Educational Data Mining (EDM), Science Technology Engineering and Mathematics (STEM)

Introduction

Engineering permeates today’s world and is found in activities and industries as diverse as construction, technology, manufacturing, energy, computers, information technology, and electronics, to name a few. This underscores the importance of engineering studies and education, and the need for student retention, degree completion, and successful entrance into and advancement in the engineering labor market for graduates (Kuley et al., 2015).
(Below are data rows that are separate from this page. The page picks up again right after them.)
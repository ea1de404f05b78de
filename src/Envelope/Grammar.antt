-- ===== src/Envelope/Grammar.antt =====
-- The strict parser of output_protocol.py against the grammar of envelopes.
use mutsumi_s_sync.Common.{ℕ, ◌+◌, ◌-◌, ◌≡◌, refl, ap, sym, subst, ◌∙◌, true, false, inl, inr, ◌↔◌}
use mutsumi_s_sync.Common.{
  [], ◌∷◌, ◌++◌, none, some, arith, if◌then◌else◌, Bool-cases, Option-cases, ok, err, all,
  append_assoc,
}
use mutsumi_s_sync.Common.{
  Text, codes, is_space, strip, lstrip, starts_with, find, find_from, contains, slice, length, drop,
  take, drop-at, take-at, take-append-drop, length-append, is_empty, text_eq, text_eq_iff,
  text_eq_refl,
}
use mutsumi_s_sync.Envelope.Strip.{Starts, lstrip-Starts, lstrip-eq_of_Starts}
use mutsumi_s_sync.Envelope.Search.{
  slice-at, drop-at_behind, find_from-at, find-append, FoundAt, find-FoundAt, starts_with_sound,
}
use mutsumi_s_sync.Envelope.{
  FinalEnvelope, content_after_user, user_must_follow, missing_self_close, missing_user_close,
  must_start_with_self, self_open, self_close, user_open, user_close, parse_final_envelope,
  parse_stripped, parse_after_self, parse_user_block,
}

-- [TO_SELF] inner [/TO_SELF] gap [TO_USER] outer [/TO_USER] tail
pub record IsEnvelope (text : Text) (e : FinalEnvelope) : Type 0 where
  pub inner : Text
  pub gap : Text
  pub outer : Text
  pub tail : Text
  pub shape :
      text
      ≡ self_open
        ++ (inner ++ (self_close ++ (gap ++ (user_open ++ (outer ++ (user_close ++ tail))))))
  pub inner_open : contains self_close inner ≡ false
  pub gap_blank : all is_space gap ≡ true
  pub outer_open : contains user_close outer ≡ false
  pub tail_blank : is_empty (strip tail) ≡ true
  pub parts : e ≡ record { to_self = strip inner; to_user = strip outer }

abbrev envelope : Text → Text → FinalEnvelope
envelope s u = record { to_self = s; to_user = u }

find-user_close :
    (s t : Text)
    → contains user_close s ≡ false
    → find user_close (s ++ (user_close ++ t)) ≡ some (length s)
find-user_close s t h =
    find-append s (codes "/TO_USER]") t 91
      (refl, (refl, (refl, (refl, (refl, (refl, (refl, (refl, (refl, tt))))))))) h

find-self_close :
    (s t : Text)
    → contains self_close s ≡ false
    → find self_close (s ++ (self_close ++ t)) ≡ some (length s)
find-self_close s t h =
    find-append s (codes "/TO_SELF]") t 91
      (refl, (refl, (refl, (refl, (refl, (refl, (refl, (refl, (refl, tt))))))))) h

-- The user block of a text in which it begins at position `n`.
user_block-eq :
    (a outer tail sc : Text) (n : ℕ)
    → n ≡ length a
    → contains user_close outer ≡ false
    → parse_user_block (a ++ (outer ++ (user_close ++ tail))) sc n
      ≡ (if is_empty (strip tail) then ok (envelope sc (strip outer)) else err content_after_user)
unfolding parse_user_block
user_block-eq a outer tail sc n e h =
    let text = a ++ (outer ++ (user_close ++ tail)) in
    let found : find_from user_close text n ≡ some (n + length outer) =
      find_from-at user_close a (outer ++ (user_close ++ tail)) n (length outer) e
        (find-user_close outer tail h) in
    let rest : drop (n + length outer + length user_close) text ≡ tail =
      drop-at_behind a outer user_close tail (n + length outer + length user_close) (omega arith) in
    let middle : slice text n (n + length outer) ≡ outer =
      slice-at a outer (user_close ++ tail) n (n + length outer) e (omega arith) in
    rw (found, parse_user_block) (rw (rest, middle))

lstrip-blank : (gap t : Text) → all is_space gap ≡ true → Starts t → lstrip (gap ++ t) ≡ t
unfolding lstrip
lstrip-blank [] t h s = lstrip-eq_of_Starts t s
lstrip-blank (c ∷ gap) t h s = ground (arith, lstrip-blank gap t)

-- Where the self block ends at position `n`, the parser looks behind the white space.
after_self-eq :
    (a gap c sc : Text) (n : ℕ)
    → n ≡ length a
    → all is_space gap ≡ true
    → Starts c
    → parse_after_self (a ++ (self_close ++ (gap ++ c))) sc n ≡ (
        if text_eq (take (length user_open) c) user_open
        then parse_user_block
            (a ++ (self_close ++ (gap ++ c)))
            sc
            (n + length self_close + length gap + length user_open)
        else err user_must_follow)
unfolding parse_after_self slice
after_self-eq a gap c sc n e g st =
    let text = a ++ (self_close ++ (gap ++ c)) in
    let start = n + length self_close + length gap in
    let between : drop (n + length self_close) text ≡ gap ++ c =
      drop-at_behind [] a self_close (gap ++ c) (n + length self_close) (omega arith) in
    let stripped : lstrip (gap ++ c) ≡ c = lstrip-blank gap c g st in
    let white : take (length (gap ++ c) - length c) (gap ++ c) ≡ gap =
      take-at gap c (length (gap ++ c) - length c) (omega (arith, length-append gap c)) in
    let opened : drop start text ≡ c = drop-at_behind a self_close gap c start (omega arith) in
    let width : start + length user_open - start ≡ length user_open = omega arith in
    rw (between, parse_after_self) (rw stripped (rw white (rw opened (rw width))))

-- The first part: the opening marker and the end of the self block.
stripped-eq :
    (t : Text)
    → parse_stripped (self_open ++ t) ≡ elim (find self_close t) [
      | none ↦ err missing_self_close
      | some i ↦ parse_after_self (self_open ++ t) (strip (take i t)) (length self_open + i)
    ]
unfolding parse_stripped find_from slice starts_with
stripped-eq t = elim (Option-cases (find self_close t)) [
  | inl e ↦ rw e
  | inr (i, e) ↦
      let width : length self_open + i - length self_open ≡ i = omega arith in rw e (rw width)
]

-- Every text of the grammar is accepted, with its two parts stripped.
stripped_complete :
    (text : Text) (e : FinalEnvelope) → IsEnvelope text e → parse_stripped text ≡ ok e
stripped_complete text e g =
    let block = g.outer ++ (user_close ++ g.tail) in
    let behind = g.gap ++ (user_open ++ block) in
    let text = self_open ++ (g.inner ++ (self_close ++ behind)) in
    let n = length self_open + length g.inner in
    let n-eq : n ≡ length (self_open ++ g.inner) = omega (arith, length-append self_open g.inner) in
    let front = self_open ++ (g.inner ++ (self_close ++ (g.gap ++ user_open))) in
    let m = n + length self_close + length g.gap + length user_open in
    let m-eq : m ≡ length front = omega (
      arith,
      length-append g.inner (self_close ++ (g.gap ++ user_open)),
      length-append g.gap user_open,
    ) in
    let found : find self_close (g.inner ++ (self_close ++ behind)) ≡ some (length g.inner) =
      find-self_close g.inner behind g.inner_open in
    let inside : take (length g.inner) (g.inner ++ (self_close ++ behind)) ≡ g.inner =
      take-at g.inner (self_close ++ behind) (length g.inner) refl in
    let self_part : parse_stripped text ≡ parse_after_self text (strip g.inner) n =
      stripped-eq (g.inner ++ (self_close ++ behind)) ∙ rw found (rw inside) in
    let white : parse_after_self text (strip g.inner) n ≡ parse_user_block text (strip g.inner) m =
      after_self-eq (self_open ++ g.inner) g.gap (user_open ++ block) (strip g.inner) n n-eq
        g.gap_blank (unfold is_space in refl)
      ∙ rw text_eq_refl in
    let user : parse_user_block text (strip g.inner) m
        ≡ ok (envelope (strip g.inner) (strip g.outer)) =
      simp append_assoc at (user_block-eq front g.outer g.tail (strip g.inner) m m-eq g.outer_open)
      ∙ rw g.tail_blank in
    rw g.shape (rw g.parts (self_part ∙ white ∙ user))

user_block-none :
    (a b sc : Text) (n : ℕ)
    → n ≡ length a
    → find user_close b ≡ none
    → parse_user_block (a ++ b) sc n ≡ err missing_user_close
unfolding parse_user_block find_from
user_block-none a b sc n e h = rw (drop-at a b n e, parse_user_block, find_from) (rw h)

white_split : (t : Text) → (gap : Text) × (t ≡ gap ++ lstrip t) × (all is_space gap ≡ true)
unfolding lstrip
white_split [] = ([], refl, refl)
white_split (c ∷ t) = elim (Bool-cases (is_space c)) [
  | inl e ↦ let (gap, p, q) = white_split t in (c ∷ gap, rw e (ap (λ l. c ∷ l) p), ground arith)
  | inr e ↦ ([], rw e, refl)
]

-- What an accepted user block looks like, and what is returned for it.
user_block_sound :
    (a b sc : Text) (n : ℕ) (e : FinalEnvelope)
    → n ≡ length a
    → parse_user_block (a ++ b) sc n ≡ ok e
    → (outer : Text) × (tail : Text) × (b ≡ outer ++ (user_close ++ tail))
      × (contains user_close outer ≡ false)
      × (is_empty (strip tail) ≡ true)
      × (e ≡ envelope sc (strip outer))
user_block_sound a b sc n e i h = elim (Option-cases (find user_close b)) [
  | inl no_close ↦ absurd (ground (arith, user_block-none a b sc n i no_close))
  | inr (k, close_at) ↦
      let f : FoundAt user_close b k = find-FoundAt 91 (codes "/TO_USER]") b k close_at in
      let value = user_block-eq a f.before f.after sc n i f.first in
      let h' : parse_user_block (a ++ (f.before ++ (user_close ++ f.after))) sc n ≡ ok e =
        rw (← f.split) h in
      (f.before, f.after, f.split, f.first, ground arith, ground arith)
]

prefix-of_text_eq :
    (c : Text)
    → text_eq (take (length user_open) c) user_open ≡ true
    → c ≡ user_open ++ drop (length user_open) c
prefix-of_text_eq c h =
    sym (take-append-drop (length user_open) c)
    ∙ ap (λ (p : Text). p ++ drop (length user_open) c)
        ((text_eq_iff (take (length user_open) c) user_open).0 h)

-- The gap and the user block behind an accepted self block.
after_self_sound :
    (a b sc : Text) (n : ℕ) (e : FinalEnvelope)
    → n ≡ length a
    → parse_after_self (a ++ (self_close ++ b)) sc n ≡ ok e
    → (gap : Text) × (outer : Text) × (tail : Text) × (b
        ≡ gap ++ (user_open ++ (outer ++ (user_close ++ tail))))
      × (all is_space gap ≡ true)
      × (contains user_close outer ≡ false)
      × (is_empty (strip tail) ≡ true)
      × (e ≡ envelope sc (strip outer))
after_self_sound a b sc n e i h =
    let (gap, b-eq, blank) = white_split b in
    let c = lstrip b in
    let text = a ++ (self_close ++ (gap ++ c)) in
    let m = n + length self_close + length gap + length user_open in
    let h' : parse_after_self text sc n ≡ ok e = rw (← b-eq) h in
    let value = after_self-eq a gap c sc n i blank (lstrip-Starts b) in
    elim (Bool-cases (text_eq (take (length user_open) c) user_open)) [
      | inr differ ↦ absurd (ground (arith))
      | inl same ↦
          let c-eq = prefix-of_text_eq c same in
          let block = drop (length user_open) c in
          let front = a ++ (self_close ++ (gap ++ user_open)) in
          let whole : text ≡ front ++ block =
            ap (λ (d : Text). a ++ (self_close ++ (gap ++ d))) c-eq ∙ simp append_assoc in
          let parsed : parse_user_block (front ++ block) sc m ≡ ok e =
            rw (← whole) (ground arith) in
          let m-eq : m ≡ length front = omega (
            arith,
            length-append a (self_close ++ (gap ++ user_open)),
            length-append gap user_open,
          ) in
          let (outer, tail, block-eq, once, tail_blank, value') =
            user_block_sound front block sc m e m-eq parsed in
          (
            gap,
            outer,
            tail,
            b-eq ∙ ap (λ (d : Text). gap ++ d) (c-eq ∙ ap (λ (d : Text). user_open ++ d) block-eq),
            blank,
            once,
            tail_blank,
            value',
          )
    ]

stripped-not_opened :
    (text : Text)
    → starts_with text self_open ≡ false
    → parse_stripped text ≡ err must_start_with_self
unfolding parse_stripped
stripped-not_opened text h = rw h

stripped_sound : (text : Text) (e : FinalEnvelope) → parse_stripped text ≡ ok e → IsEnvelope text e
stripped_sound text e h = elim (Bool-cases (starts_with text self_open)) [
  | inr differ ↦ absurd (ground (arith, stripped-not_opened text differ))
  | inl same ↦
      let t = drop (length self_open) text in
      let text-eq : text ≡ self_open ++ t = starts_with_sound text self_open same in
      let h' : parse_stripped (self_open ++ t) ≡ ok e = rw (← text-eq) h in
      let value = stripped-eq t in
      elim (Option-cases (find self_close t)) [
        | inl no_close ↦ absurd (ground arith)
        | inr (i, close_at) ↦
            let f : FoundAt self_close t i = find-FoundAt 91 (codes "/TO_SELF]") t i close_at in
            let parsed : parse_after_self (self_open ++ t) (strip (take i t)) (length self_open + i)
                ≡ ok e =
              ground arith in
            let parsed' : parse_after_self (self_open ++ f.before ++ (self_close ++ f.after))
                  (strip (take i t)) (length self_open + i)
                ≡ ok e =
              subst
                (λ (d : Text).
                  parse_after_self (self_open ++ d) (strip (take i t)) (length self_open + i)
                  ≡ ok e)
                f.split parsed in
            let inner-eq : take i t ≡ f.before =
              ap (λ (d : Text). take i d) f.split
              ∙ take-at f.before (self_close ++ f.after) i f.index in
            let (gap, outer, tail, after-eq, blank, once, tail_blank, parts) =
              after_self_sound (self_open ++ f.before) f.after (strip (take i t))
                (length self_open + i) e (omega (arith, f.index)) parsed' in
            record {
              inner = f.before;
              gap = gap;
              outer = outer;
              tail = tail;
              shape =
                  text-eq
                  ∙ ap (λ (d : Text). self_open ++ d)
                      (f.split ∙ ap (λ (d : Text). f.before ++ (self_close ++ d)) after-eq);
              inner_open = f.first;
              gap_blank = blank;
              outer_open = once;
              tail_blank = tail_blank;
              parts = parts ∙ ap (λ (d : Text). envelope (strip d) (strip outer)) inner-eq;
            }
      ]
]

-- The strict parser accepts a text exactly if the stripped text is an envelope, and returns the
-- stripped contents of its two blocks.
pub parse_final_envelope_iff :
    (content : Text) (e : FinalEnvelope)
    → (parse_final_envelope content true ≡ ok e) ↔ IsEnvelope (strip content) e
unfolding parse_final_envelope
parse_final_envelope_iff content e =
    (stripped_sound (strip content) e, stripped_complete (strip content) e)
Despite the clear need for successful engineering students and professionals, engineering degree programs face a markedly high dropout rate (Böttcher et al., 2020), and a staggering gender imbalance (OECD, 2020). This gender imbalance is reflected in engineering professions as well (Buse, 2018). There are many studies that have been conducted to explain these phenomena. Most basically, the very nature of engineering as a rigorous and difficult field of study is cited as a reason for high student dropout rates and a gender imbalance, especially in light of engineering’s required competence in mathematics and physics - disciplines historically and persistently underrepresented by women (Paura & Arhipova, 2016).

Gender, socioeconomic factors, financial limitations, poor class attendance, early marriage, parental pressure, job opportunity, and demographics have been studied to explain the difficulty of successful degree completion in engineering and subsequent gainful employment (Meyer & Marx, 2014). Women accounted for an almost negligible percentage of engineering students for the first seven decades of the 20th century, with a rise in the 1970s and 80s, then a decline after 1986. The gender gap in the engineering profession - in the post-education labor market - is even more stark. While women comprise nearly 50 percent of the general population and just under half of the workforce in the United States, as of 1988 women represent only four percent of practicing engineers (Felder et al., 1995). According to a recent study, women make up approximately 47% of the US workforce, but remain underrepresented in engineering, computer sciences, and the physical sciences (Mostafa, 2019; White & Massiha, 2016).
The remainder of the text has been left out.